Maybe the study Roberts has ordered will result in new guidance making it even clearer than it is now that the confidentiality that cloaks discussions between judges and clerks about the law doesn’t prevent clerks from reporting sexual harassment.

On the other hand, the current handbook for clerks already says that “nothing in this handbook, or in the Code of Conduct, prevents a clerk, or any judiciary employee, from revealing misconduct, including sexual or other forms of harassment, by their judge or any person.”

So perhaps it’s not confidentiality that’s the problem, but something bigger: the overall and highly intimate relationship between judge (or justice) and law clerk, a storied relationship that has been likened to that of an academic mentor and prized pupil or even a parent and child.

In a narrative posted online, Bond (who writes romance novels under the name Courtney Milan) recalled:

Advertisement

“The day I started as a clerk in Judge Alex Kozinski’s chambers, he swore me in. After I read the words, he grabbed my arm and smiled. ‘It’s too late now!” he said. ‘She can’t escape any longer. She’s my slave.’ . . . I tried to make a joke of it. ‘I think you mean indentured servant,’ I replied. ‘No,’ he said with a smile. ‘I meant ‘slave.’ ”

Clerks are hired by individual judges with whom they work on intimate terms. Supreme Court justices tend to favor applicants who (like the justices themselves) attended Ivy League law schools and clerked for a select group of “feeder” appeals court judges on whom the justices have come to rely. (Kozinski was one of these “feeder” judges.)

It’s a small and self-perpetuating world. Four members of the current Supreme Court, including Roberts, were clerks at the court in their youth.

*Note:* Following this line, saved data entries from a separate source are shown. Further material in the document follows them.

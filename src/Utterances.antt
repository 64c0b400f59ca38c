-- ===== src/Utterances.antt =====
-- client.go: the register of the utterances that a client has out, asks and queries by their ids and
-- fire-and-forget sends by the time of each.
--
-- A time is a number of nanoseconds. The sends are in order, the oldest first.
pub mod Counts
mod Tests
use text.Mathlib.Text.{◌==◌ as str_eq}
use thalovant_go_sdk.Prelude.{
  ℕ, suc, ◌+◌, ◌*◌, ◌-◌, Bool, true, false, not, ◌&&◌, ◌||◌, String, List, [], ◌∷◌, ◌++◌, ltb,
  length, drop, if◌then◌else◌,
}
use thalovant_go_sdk.Link.{second}
use thalovant_go_sdk.Ask.{InFlight}

pub record ReplyCorrelation : Type 0 where
  pub query : Bool
  pub id : String

pub record Register : Type 0 where
  pub reply_ids : List ReplyCorrelation
  pub untracked_sends : List ℕ

abbrev pub untracked_utterance_grace : ℕ
untracked_utterance_grace = 10 * second

abbrev pub same_kind : Bool → Bool → Bool
same_kind true b = b
same_kind false b = not b

abbrev pub same_key : ReplyCorrelation → ReplyCorrelation → Bool
same_key k l = same_kind k.query l.query && str_eq k.id l.id

unfoldable pub is_active : List ReplyCorrelation → ReplyCorrelation → Bool
is_active [] k = false
is_active (l ∷ ls) k = same_key l k || is_active ls k

unfoldable pub delete_key : List ReplyCorrelation → ReplyCorrelation → List ReplyCorrelation
delete_key [] k = []
delete_key (l ∷ ls) k = let rest = delete_key ls k in if same_key l k then rest else l ∷ rest

-- The register, and whether the id was free; what `reserveReplyID` returns to give it back is
-- `release_reply_id`.
unfoldable pub reserve_reply_id : ReplyCorrelation → Register → Register × Bool
reserve_reply_id k r =
    if is_active r.reply_ids k then (r, false) else (record r { reply_ids = k ∷ r.reply_ids }, true)

unfoldable pub release_reply_id : ReplyCorrelation → Register → Register
release_reply_id k r = record r { reply_ids = delete_key r.reply_ids k }

-- `sent.After(cutoff)` for the sends.
unfoldable pub recent : ℕ → List ℕ → List ℕ
recent now [] = []
recent now (sent ∷ ss) =
    let rest = recent now ss in
    if ltb now (sent + untracked_utterance_grace) then sent ∷ rest else rest

-- The last 1024.
unfoldable pub newest : List ℕ → List ℕ
newest kept = if ltb 1024 (length kept) then drop (length kept - 1024) kept else kept

unfoldable pub prune_untracked_sends : ℕ → Register → Register
prune_untracked_sends now r = record r { untracked_sends = newest (recent now r.untracked_sends) }

unfoldable pub record_untracked_send : ℕ → Register → Register
record_untracked_send now r =
    prune_untracked_sends now (record r { untracked_sends = r.untracked_sends ++ (now ∷ []) })

unfoldable pub count : Bool → List ReplyCorrelation → ℕ
count query [] = 0
count query (k ∷ ks) =
    let rest = count query ks in if same_kind k.query query then suc rest else rest

unfoldable pub utterances_in_flight : ℕ → Register → Register × InFlight
utterances_in_flight now r =
    let pruned = prune_untracked_sends now r in
    (
      pruned,
      record {
        asks = count false r.reply_ids;
        queries = count true r.reply_ids;
        sends = length pruned.untracked_sends;
      },
    )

It seems naive to expect that judges who have been nurtured in this system and cherish it would support doing away with it and replacing it with one in which law clerks were career civil servants, not recent law school graduates who are cycled through chambers every year. It’s hard to be an avuncular mentor to a 50-year-old lawyer; but it’s also hard to tell her that she’s going to be your slave.

But perhaps some modest reforms could be instituted. What if appointment of clerks were a shared responsibility, with judges choosing from candidates preselected by the Administrative Office of the United States Courts? In that event a clerk wouldn’t owe her job wholly to the judge. (Judges have been resistant even to voluntary guidelines for dealing with clerkship applications. One such plan set up by the Administrative Office of the United States Courts was discontinued in 2014.)

And while judges would probably never be willing to abandon the mentor’s role, more of them should be willing to diversify their staff. A judge with four clerks could hire two short-termers just out of law school and pair them with two seasoned lawyers. (Some judges have made use of mature clerks.)

Advertisement

Even if such changes didn’t make sexual harassment less likely, they might reduce other sorts of exploitation — and break up some old-boy (and old-girl) networks.